No You Go Seanoo,Im sure the Spanish are just your kinda a people You will love em im sure


----------



## DTPCHEMICALS (Jul 24, 2006)

From memory a lot of the beaches `belong `to hotels etc. you have to pay for the luxury unless you are forward of the frot deck chair.

May vary from resort to resort

dave p


----------



## satis (May 5, 2008)

Hi Dave  Thanks for the reply,I am looking for beaches or campsites in the chioggia area,Yes you are correct that in places like Lido d jeslo alot of the beaches are owned by the hotels,But we will be giving that area a miss,Kind regards Satis


----------



## seanoo (Mar 31, 2007)

ok satis i'll give it a go. :lol: adios


----------



## satis (May 5, 2008)

Good man Seanoo,You know it makes sense!!! Or rather it did :lol:


----------



## seanoo (Mar 31, 2007)

very true satis, let me know how you get on, bye for now


----------



## jhelm (Feb 9, 2008)

In October you will find that many of the camp grounds are closed.

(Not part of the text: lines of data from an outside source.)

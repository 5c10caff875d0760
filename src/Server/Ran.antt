-- ===== src/Server/Ran.antt =====
-- server/server.rs and threadpool/threadpool.rs: runs of the pool, by the jobs that are sent.
use minifto.Common.{
  ℕ, ◌≡◌, refl, sym, ap, subst, ◌∙◌, List, [], ◌∷◌, ◌++◌, map, append-nil, append_assoc, arith,
}
use mathlib.Core.List.{map-append}
use minifto.ThreadPool.{ThreadPool, Label, Message, Step, Run, execute, expand, push, push_back}
use minifto.ThreadPool.Order.{sent, sent-append}
use minifto.Server.Pooled.{executed}

Run-snoc :
    {J : Type 0} {p p' p'' : ThreadPool J} {trace : List (Label J)} {a : Label J}
    → Run p trace p'
    → Step p' a p''
    → Run p (trace ++ a ∷ []) p''
Run-snoc Run.stop step = Run.next step Run.stop
Run-snoc (Run.next first run) step = Run.next first (Run-snoc run step)

-- The pool after a run in which the jobs are sent, one after the other.
pub record Ran (p0 : ThreadPool ℕ) (jobs : List ℕ) (p : ThreadPool ℕ) : Type 0 where
  pub trace : List (Label ℕ)
  pub run : Run p0 trace p
  pub in_order : sent trace ≡ map Message.new_job jobs

pub Ran-quiet :
    (p0 p p' : ThreadPool ℕ) (jobs : List ℕ) (a : Label ℕ)
    → sent (a ∷ []) ≡ []
    → Ran p0 jobs p
    → Step p a p'
    → Ran p0 jobs p'
Ran-quiet p0 p p' jobs a none r step = record {
  trace = r.trace ++ a ∷ [];
  run = Run-snoc r.run step;
  in_order =
      sent-append r.trace (a ∷ [])
      ∙ ap (λ l. sent r.trace ++ l) none
      ∙ append-nil (sent r.trace)
      ∙ r.in_order;
}

-- `execute`: the expansion, the message and its notification.
Ran-execute :
    (p0 p : ThreadPool ℕ) (jobs : List ℕ) (k s : ℕ)
    → Ran p0 jobs p
    → Ran p0 (jobs ++ s ∷ []) (execute k s p)
unfolding execute push_back push sent
Ran-execute p0 p jobs k s r =
    let grown = Ran-quiet p0 p (expand p) jobs Label.quiet refl r Step.expands in
    Ran-quiet p0 (push (Message.new_job s) (expand p)) (execute k s p) (jobs ++ s ∷ []) Label.quiet
      refl
      record {
        trace = grown.trace ++ Label.sent (Message.new_job s) ∷ [];
        run = Run-snoc grown.run (Step.executes s);
        in_order =
            sent-append grown.trace (Label.sent (Message.new_job s) ∷ [])
            ∙ ap (λ l. l ++ Message.new_job s ∷ []) grown.in_order
            ∙ sym (map-append Message.new_job jobs (s ∷ []));
      }
      (Step.notifies k (expand p).due (omega arith))

pub Ran-executed :
    (p0 p : ThreadPool ℕ) (k : ℕ) (jobs more : List ℕ)
    → Ran p0 jobs p
    → Ran p0 (jobs ++ more) (executed k more p)
Ran-executed p0 p k jobs [] r = subst (λ l. Ran p0 l p) (sym (append-nil jobs)) r
Ran-executed p0 p k jobs (s ∷ more) r =
    subst (λ l. Ran p0 l (executed k more (execute k s p))) (append_assoc jobs (s ∷ []) more)
      (Ran-executed p0 (execute k s p) k (jobs ++ s ∷ []) more (Ran-execute p0 p jobs k s r))
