-- ===== src/Server/Interleaving.antt =====
-- server/server.rs and threadpool/threadpool.rs: the server and its pool together.
mod Examples
use minifto.Common.{
  ℕ, ◌+◌, ◌≤◌, ◌≡◌, refl, sym, ap, subst, ◌∙◌, Bool, true, false, Bool-cases, Option, none, some,
  List, [], ◌∷◌, ◌++◌, map, Bytes, inl, inr, ◌⊎◌, arith, Fallible, returns, panics, ◌>>=◌, length,
  ◌==◌, ◌||◌, if◌then◌else◌, Returned, Returned-bind, Returned-branch,
}
use minifto.Os.{Os}
use minifto.Kernel.{Kernel}
use minifto.Connection
use minifto.Connection.{Connection, is_close, is_hup}
use minifto.Connection.Calls
use minifto.EventLoop
use minifto.EventLoop.{Token}
use minifto.Socket
use minifto.SortedList.{update}
use minifto.SortedList.Addresses.{has}
use minifto.SortedList.Keys.{descriptor}
use minifto.ThreadPool
use minifto.ThreadPool.{
  ThreadPool, Label, Message, Step, WorkerStep, Run, Workers, busy, execute, expand, push,
  push_back,
}
use minifto.ThreadPool.Order.{sent, taken, sent-taken}
use minifto.TimerList
use minifto.TimerList.{TimerList}
use minifto.TimerList.Timed.{Items, IsTimed}
use minifto.Server.{
  serve, ready, connect, admit, admits, add_session, notify, notify_session, hang_up, submit,
  deregister, remove_idle, run_job, write_revents,
}
use minifto.Server.State.{Slot, Moment, System, set_sessions, drop_sessions}
use minifto.Server.Served.{Fault, At, InTime, IsServer, Served}
use minifto.Server.Invariant.{serve-Served}
use minifto.Server.Jobs.{Reach, worked, after_job, submitted, submissions}
use minifto.Server.Pooled.{Submits, serve-Submits}
use minifto.Server.Ran.{Ran, Ran-quiet, Ran-executed}

worked-Step :
    (p : ThreadPool ℕ) (l r : Workers ℕ) (i s : ℕ) (poisoned : Bool)
    → p.workers ≡ l ++ (i, busy s) ∷ r
    → Step p Label.quiet (record p { workers = l ++ (i, worked poisoned) ∷ r })
worked-Step p l r i s true e = Step.works (WorkerStep.panics l r i (busy s) e refl)
worked-Step p l r i s false e = Step.works (WorkerStep.finishes l r i (busy s) e refl)

-- What the server's thread and the workers keep: the order of the sessions and their number, as in
-- the server's invariant, and only those mutexes are poisoned that were so at the start, or whose
-- session had a job that panicked.
pub record Kept {os : Os} {kernel : Kernel} (start : System os kernel) (t : ℕ) (bad : List ℕ)
    (m : System os kernel) (l : Items ℕ ℕ) : Type 0 where
  pub timed : IsTimed t m.server.sessions l
  pub at_most : (m.server.config.max_clients ≡ 0) ⊎ (length l ≤ m.server.config.max_clients)
  pub blamed :
      (s : ℕ) → (m.slots s).poisoned ≡ true → (has s bad ≡ true) ⊎ ((start.slots s).poisoned ≡ true)

module _ {os : Os} {kernel : Kernel} (start : System os kernel) (t : ℕ) (bad : List ℕ)
    (m : System os kernel) (l : Items ℕ ℕ) (h : Kept start t bad m l) where
  -- The server's invariant, of which this system is the start.
  Kept-IsServer : IsServer m t m l
  Kept-IsServer = record { timed = h.timed; at_most = h.at_most; sound = λ s poisoned. poisoned }

  Kept-event :
      (root : Bytes) (moment : Moment) (token : Token) (revents : ℕ) (m' : System os kernel)
      → At t moment
      → serve root ((moment, (token, revents)) ∷ []) m ≡ returns m'
      → (l' : Items ℕ ℕ) × Kept start moment.until bad m' l'
  unfolding Served
  Kept-event root moment token revents m' at e =
      let served =
        subst (Served m moment.until) e
          (serve-Served t root ((moment, (token, revents)) ∷ []) m l (at, tt) Kept-IsServer) in
      elim served [
        | inl panicked ↦ absurd (cc panicked.0)
        | inr (m2, l2, same, after) ↦
            let here : IsServer m moment.until m' l2 =
              subst (Returned (λ x. IsServer m moment.until x l2)) (sym same) after in
            (
              l2,
              record {
                timed = here.timed;
                at_most = here.at_most;
                blamed = λ s poisoned. h.blamed s (here.sound s poisoned);
              },
            )
      ]

  -- A job leaves all mutexes but that of its session as they were.
  job-blamed :
      (s : ℕ) (slot : Slot os.Sock) (q : ℕ)
      → (update m.slots s slot q).poisoned ≡ true
      → (has q (if slot.poisoned then s ∷ bad else bad) ≡ true) ⊎ ((start.slots q).poisoned ≡ true)
  job-blamed s slot q poisoned = elim (Bool-cases (s == q)) [
    | inl same ↦ inl (ground (arith, same, poisoned))
    | inr other ↦ elim (h.blamed q (ground (arith, other, poisoned))) [
      | inl old ↦ inl (ground (arith, old))
      | inr old ↦ inr old
    ]
  ]

module _ {os : Os} {kernel : Kernel} {file_info : Bytes → os.World → Option Bytes} {fuel : ℕ}
    {root : Bytes} {t0 : ℕ} {start : System os kernel} where
  Reach-Ran :
      {t : ℕ} {bad : List ℕ} {m : System os kernel}
      (reach : Reach file_info fuel root t0 start t bad m)
      → Ran start.server.worker_pool (submissions reach) m.server.worker_pool
  unfolding submissions sent after_job
  Reach-Ran Reach.begins = record { trace = []; run = Run.stop; in_order = refl }
  Reach-Ran (Reach.event {m = m} moment token revents m' reach at e) =
      let pooled =
        subst (Returned (Submits moment token revents m)) e
          (serve-Submits root moment token revents m) in
      subst (Ran _ _) (sym pooled) (
        Ran-executed _ _ moment.choice (submissions reach) (submitted token revents m)
          (Reach-Ran reach))
  Reach-Ran (Reach.pops l r i a q reach e f) =
      Ran-quiet _ _ _ _ (Label.taken a) refl (Reach-Ran reach)
        (Step.works (WorkerStep.pops l r i a q e f))
  Reach-Ran (Reach.waits l r i reach e f) =
      Ran-quiet _ _ _ _ Label.quiet refl (Reach-Ran reach) (Step.works (WorkerStep.waits l r i e f))
  Reach-Ran (Reach.wakes l r i reach e) =
      Ran-quiet _ _ _ _ Label.quiet refl (Reach-Ran reach) (Step.wakes l r i e)
  Reach-Ran (Reach.job l r i s msg world slot reach e f) =
      Ran-quiet _ _ _ _ Label.quiet refl (Reach-Ran reach) (worked-Step _ l r i s slot.poisoned e)

  -- After any events and steps of the workers, the pool of the server has gone through a run of
  -- the pool in which these messages were sent, in this order, and no other: a job for each event
  -- of a session that the server had and whose connection was not closed, with that session. The
  -- messages that the workers have taken and then those left in the queue are those that were in
  -- it at the start and then these.
  pub Reach-Run :
      {t : ℕ} {bad : List ℕ} {m : System os kernel}
      (reach : Reach file_info fuel root t0 start t bad m)
      → (trace : List (Label ℕ)) × Run start.server.worker_pool trace m.server.worker_pool
        × (sent trace ≡ map Message.new_job (submissions reach))
        × (start.server.worker_pool.queue ++ map Message.new_job (submissions reach)
            ≡ taken trace ++ m.server.worker_pool.queue)
  Reach-Run {m = m} reach =
      let ran = Reach-Ran reach in
      (
        ran.trace,
        ran.run,
        ran.in_order,
        ap (λ l. start.server.worker_pool.queue ++ l) (sym ran.in_order)
            ∙ sent-taken start.server.worker_pool m.server.worker_pool ran.trace ran.run,
      )

  pub Reach-Kept :
      {t : ℕ} {bad : List ℕ} {m : System os kernel} (l0 : Items ℕ ℕ)
      → IsServer start t0 start l0
      → Reach file_info fuel root t0 start t bad m
      → (l : Items ℕ ℕ) × Kept start t bad m l
  unfolding after_job
  Reach-Kept l0 h Reach.begins =
      (l0, record { timed = h.timed; at_most = h.at_most; blamed = λ s bad. inr bad })
  Reach-Kept l0 h (Reach.event moment token revents m' reach at e) =
      let (l, kept) = Reach-Kept l0 h reach in
      Kept-event start _ _ _ l kept root moment token revents m' at e
  Reach-Kept l0 h (Reach.pops l r i a q reach e f) =
      let (l, kept) = Reach-Kept l0 h reach in
      (l, record { timed = kept.timed; at_most = kept.at_most; blamed = kept.blamed })
  Reach-Kept l0 h (Reach.waits l r i reach e f) =
      let (l, kept) = Reach-Kept l0 h reach in
      (l, record { timed = kept.timed; at_most = kept.at_most; blamed = kept.blamed })
  Reach-Kept l0 h (Reach.wakes l r i reach e) =
      let (l, kept) = Reach-Kept l0 h reach in
      (l, record { timed = kept.timed; at_most = kept.at_most; blamed = kept.blamed })
  Reach-Kept l0 h (Reach.job l r i s msg world slot reach e f) =
      let (l, kept) = Reach-Kept l0 h reach in
      (
        l,
        record {
          timed = kept.timed;
          at_most = kept.at_most;
          blamed = job-blamed start _ _ _ l kept s slot;
        },
      )

  -- Let the invariant of the server hold at the start. After any events in the order of time and
  -- any steps of the workers between them, the order of the sessions and the limit on their number
  -- hold still, and a mutex is poisoned only if it was so at the start, or if a job of its session
  -- has panicked. The next event is handled, and the invariant holds after it, or the thread of
  -- the server panics for a fault: an error of a system call, a new connection with the descriptor
  -- 0 or without an address, or a poisoned mutex.
  pub Reach-Served :
      {t : ℕ} {bad : List ℕ} {m : System os kernel} (l0 : Items ℕ ℕ) (moment : Moment)
      (token : Token) (revents : ℕ)
      → IsServer start t0 start l0
      → Reach file_info fuel root t0 start t bad m
      → At t moment
      → (l : Items ℕ ℕ) × Kept start t bad m l
        × Served m moment.until (serve root ((moment, (token, revents)) ∷ []) m)
  Reach-Served l0 moment token revents h reach at =
      let (l, kept) = Reach-Kept l0 h reach in
      (
        l,
        kept,
        serve-Served _ root ((moment, (token, revents)) ∷ []) _ l (at, tt)
            (Kept-IsServer start _ _ _ l kept),
      )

Also many of the hotel/pay beaches will be closed. What that means is that you can freely go there without paying. But also in general wherever there is a pay beach you will find a free beach next to it. We just got back from two days in Bibione Pineda. We and a few other campers parked on the access road to one of the pay beache for two nights and went to the free beach next door. Also made use of the pay beach toilets and showers. There are miles of sandy beaches there, very crowded when the sun is out this time of year.

In general in Italy if you find a parking spot near a beach you can park and stay over night as long as you don't put out any camping stuff, open windows that flip up, or anything that looks like you are camping not just parked. We have done this several times and really enjoy it. October should be a good time to go, depending on the weather of course. Do your research, download the files on Italy you can find here, look on Google Earth at areas you are interested in and check out the pictures people post on it.


----------



## satis (May 5, 2008)

Thanks for the info jhelm  You have been very helpful,Cant wait to get over there,Cio for now Satis :lol:


----------



## ActiveCampers (Jun 17, 2005)

Take a peek at our website (link below) - it has our rough route, some good random beach finds, and also GPS for many free camping spots we found.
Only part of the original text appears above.